Towards Sustainable New Settlements in Egypt: Lessons Learned from a Comparison between Traditional and Modern Settlements in Greater Cairo Region - Egypt


  •  Islam Ghonimi    

Abstract

The last few decades, Egypt drawn into a dramatic socio-economic change that causes a relative change in adopted development patterns. Different typologies of new residential districts have turned from globalized westernized world into Egyptian context. Planners and authority thought that changing adopted development patterns from traditional to modern neighborhood could provide solutions for old town's problems. On the other hand, different scholars have emphasized that traditional compact, mixed use, high-density urban forms are important for reaching sustainability goals in term of environmental, economic and social advantages. Based on a comparison of the sustainability of three case studies Shubra, Heliopolis, and new Cairo city; this research examine analyze the sustainability of New Egyptian Settlements. The analysis depends on observation and spatial analysis to investigate the variations of performances between the three case studies in terms of urban, social, environmental, and economic sustainability indicators. The research aims to assess the sustainability of moving from traditional to modern urban form in GCR' new towns and to extract development criteria and lessons learned from traditional urban form to enhance the sustainability of modern settlements.

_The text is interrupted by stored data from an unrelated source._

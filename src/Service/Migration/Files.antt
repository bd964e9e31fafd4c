-- ===== src/Service/Migration/Files.antt =====
-- agent/cg-agent/src/service/migration.rs: what is checked of the directories that are closed and of
-- each file of the console installation.
-- A handle is what Windows answers about the object behind it.
pub mod Private
pub mod Trusted
pub mod Checks
mod Tests
use cyber_guard_enterprise.Prelude.{
  ℕ, ◌*◌, ◌/◌, ◌%◌, ◌+◌, Bool, true, false, ◌&&◌, ◌||◌, not, List, [], ◌∷◌, ◌++◌, Option, none,
  some, Text, bytes, length, text_eq, leb, ◌==◌, if◌then◌else◌,
}
use cyber_guard_enterprise.Prelude.Results.{
  Result, ok, err, Done, done, ◌>>=◌, ◌>>◌, guard, map_err,
}
use cyber_guard_enterprise.Custody.{AllowEntry, owned_by, allow_entries}
use cyber_guard_enterprise.Custody.Security.{
  Sid, Sids, Principal, administrators, matches, any_matches, Information, Descriptor, Handle,
}
use cyber_guard_enterprise.Service.Migration.Arguments.{Texts}
use cyber_guard_enterprise.Service.Migration.Entries.{
  has_name, required_names, temporary, repair_entry, repair_temporary, repair_anew, Paths,
  in_directory, check_root_entries, data_root_names, check_required_names,
}
use cyber_guard_enterprise.Service.Migration.Host.{Injected, fails, answer, identity_files}
use cyber_guard_enterprise.Service.Migration.Route.Staging.{naming}

abbrev repair_link : Text
repair_link =
    bytes
      "repair: an administrator gives it owner SYSTEM and a protected DACL for SYSTEM and Administrators, so that no one else can link it again, then removes its other names"

abbrev repair_owner : Text
repair_owner =
    bytes
      "repair: after a restart, before that account signs in again, an elevated administrator of another account who has checked that the owner is the account that set up or enrolled the agent makes Administrators its owner, and gives a directory SYSTEM and Administrators alone, then starts the migration again; an owner that cannot be so confirmed means enrolling anew"

-- `MigrationCustody`, of its principals.
pub record MigrationCustody : Type 0 where
  pub service : Principal
  pub owners : List Principal
  pub trusted : List Principal

-- The mask has WRITE_DAC, WRITE_OWNER or GENERIC_ALL, its bits 18, 19 and 28.
abbrev pub lets_change : ℕ → Bool
lets_change mask = not ((mask / 262144) % 4 == 0) || not ((mask / 268435456) % 2 == 0)

-- The loop of `check_closable`.
unfoldable pub check_closable_entries :
    Sids → MigrationCustody → Text → List AllowEntry → Result Text Done
check_closable_entries sids custody path [] = ok done
check_closable_entries sids custody path (e ∷ entries) =
    guard (any_matches sids custody.trusted (some e.entry_sid) || not (lets_change e.entry_mask)) (
      path
      ++ bytes "'s DACL lets another account change it or take its ownership; "
      ++ repair_owner)
    >> check_closable_entries sids custody path entries

unfoldable pub check_closable : Sids → MigrationCustody → Descriptor → Text → Result Text Done
check_closable sids custody descriptor path = owned_by sids descriptor custody.owners >>= λ owned.
    guard owned (path ++ bytes " is owned by another account; " ++ repair_owner)
    >> (map_err (λ reason. reason ++ bytes "; " ++ repair_owner) (allow_entries descriptor path)
        >>= λ entries. elim entries [
          | none ↦ err (path ++ bytes " has no DACL; " ++ repair_owner)
          | some entries ↦ check_closable_entries sids custody path entries
        ])

-- Whom the DACL of an identity file allows.
pub record Allowed : Type 0 where
  pub allows_service : Bool
  pub allows_administrators : Bool
  pub others : List Sid

abbrev pub nobody : Allowed
nobody = record { allows_service = false; allows_administrators = false; others = [] }

unfoldable pub take_entry : Sids → MigrationCustody → AllowEntry → Allowed → Allowed
take_entry sids custody e allowed =
    if matches sids custody.service (some e.entry_sid)
    then record allowed { allows_service = true }
    else if matches sids administrators (some e.entry_sid)
    then record allowed { allows_administrators = true }
    else if has_name e.entry_sid allowed.others
    then allowed
    else record allowed { others = allowed.others ++ e.entry_sid ∷ [] }

unfoldable pub take_entries : Sids → MigrationCustody → List AllowEntry → Allowed → Allowed
take_entries sids custody [] allowed = allowed
take_entries sids custody (e ∷ entries) allowed =
    take_entries sids custody entries (take_entry sids custody e allowed)

-- `Vec::pop`, of the value.
abbrev pub pop : List Sid → Option Sid
pop [] = none
pop (s ∷ []) = some s
pop (s ∷ t ∷ sids) = pop (t ∷ sids)

unfoldable pub judge_allowed : Text → Allowed → Result Text (Option Sid)
judge_allowed path allowed =
    guard
      (allowed.allows_service
        && leb (length allowed.others) 1
        && not (allowed.allows_administrators && leb 1 (length allowed.others)))
      (path ++ bytes "'s DACL allows more than the service and one account; " ++ repair_anew)
    >> ok (pop allowed.others)

-- The end of `check_file`, for an identity file.
unfoldable pub check_identity_file :
    Sids → MigrationCustody → Descriptor → Text → Result Text (Option Sid)
check_identity_file sids custody descriptor path = allow_entries descriptor path >>= λ entries.
    elim entries [
      | none ↦ err (path ++ bytes " has no DACL; " ++ repair_anew)
      | some entries ↦ judge_allowed path (take_entries sids custody entries nobody)
    ]

abbrev repair : Text → Text → Text
repair name other = if text_eq name temporary then repair_temporary else other

abbrev pub FileId : Type 0
FileId = ℕ × ℕ

unfoldable pub check_file :
    Sids → MigrationCustody → Result Text Handle → Text → Text → Result Text (FileId × Option Sid)
check_file sids custody opened path name = opened >>= λ handle. handle.information >>= λ info.
    guard (not (info.is_reparse_point || info.is_directory))
      (path ++ bytes " is not a regular file; " ++ repair name repair_entry)
    >> (guard (info.number_of_links == 1)
          (path ++ bytes " is hard-linked; " ++ repair name repair_link)
        >> (handle.security >>= λ descriptor. owned_by sids descriptor custody.owners >>= λ owned.
            guard owned (path ++ bytes " is owned by another account; " ++ repair name repair_owner)
            >> ((if has_name name identity_files
                  then check_identity_file sids custody descriptor path
                  else ok none)
                >>= λ others. ok (info.id, others))))

-- What item 2.2 found.
pub record Checked : Type 0 where
  pub files : List (Text × FileId)
  pub enrolling_account : Option Sid

-- The account of one file, beside the one of those before it.
unfoldable pub agree : Text → Option Sid → Option Sid → Result Text (Option Sid)
agree path account none = ok account
agree path none (some other) = ok (some other)
agree path (some account) (some other) =
    guard (text_eq account other)
      (path ++ bytes " allows another account than the other identity files; " ++ repair_anew)
    >> ok (some other)

-- What a start is answered while it checks the files.
pub record Answers : Type 0 where
  pub root_entries : Result Text Texts
  pub is_case_sensitive : Result Text Bool
  pub data_root_entries : Result Text Texts
  pub at_check : Text → Option Injected
  pub opened : Text → Result Text Handle

unfoldable pub check_each :
    Sids → MigrationCustody → Paths → Answers → Texts → Checked → Result Injected Checked
check_each sids custody paths answers [] checked = ok checked
check_each sids custody paths answers (name ∷ names) checked =
    map_err (naming (in_directory paths.data_root name)) (answer (answers.at_check name))
    >> (map_err fails
          (check_file sids custody (answers.opened name) (in_directory paths.data_root name) name)
        >>= λ found.
            map_err fails
              (agree (in_directory paths.data_root name) checked.enrolling_account found.1)
            >>= λ account. check_each sids custody paths answers names (record {
              files = checked.files ++ (name, found.0) ∷ [];
              enrolling_account = account;
            }))

-- `REQUIRED.iter().position`, or the number of the names.
abbrev pub position_in : Texts → Text → ℕ
position_in [] name = 0
position_in (n ∷ names) name =
    let rest = position_in names name in if text_eq n name then 0 else 1 + rest

-- `sort_by_key` by that position, which is stable.
abbrev pub insert_name : Text → Texts → Texts
insert_name name [] = name ∷ []
insert_name name (n ∷ names) =
    let rest = insert_name name names in
    if leb (position_in required_names name) (position_in required_names n)
    then name ∷ n ∷ names
    else n ∷ rest

abbrev pub sort_names : Texts → Texts
sort_names [] = []
sort_names (name ∷ names) = insert_name name (sort_names names)

-- The checks of `check_what_is_there` before the files themselves: the names, in their order.
unfoldable pub names_to_check : Paths → Answers → Bool → Result Text Texts
names_to_check paths answers continued =
    check_root_entries paths continued answers.root_entries
    >> (answers.is_case_sensitive >>= λ sensitive.
        guard (not sensitive) (
          paths.data_root
          ++ bytes " has case-sensitive lookup on; repair: an administrator turns it off")
        >> (data_root_names paths answers.data_root_entries >>= λ names.
            check_required_names paths names required_names >> ok (sort_names names)))

abbrev pub no_files : Checked
no_files = record { files = []; enrolling_account = none }

-- `check_what_is_there`; the caller adds the state of the installation to a failure's line.
unfoldable pub check_what_is_there :
    Sids → MigrationCustody → Paths → Answers → Bool → Result Injected Checked
check_what_is_there sids custody paths answers continued =
    map_err fails (names_to_check paths answers continued) >>= λ names.
    check_each sids custody paths answers names no_files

The research concluded that both traditional early developed settlements like Shubra and new planned settlements like new Cairo recorded low performance in sustainability issues, each one in its own way; and that early planned settlements like Heliopolis recorded moderate performance in sustainability issues, this paves the way for criteria to prepare new plans of new settlements and provide intensification repair tools to fix existing new settlements.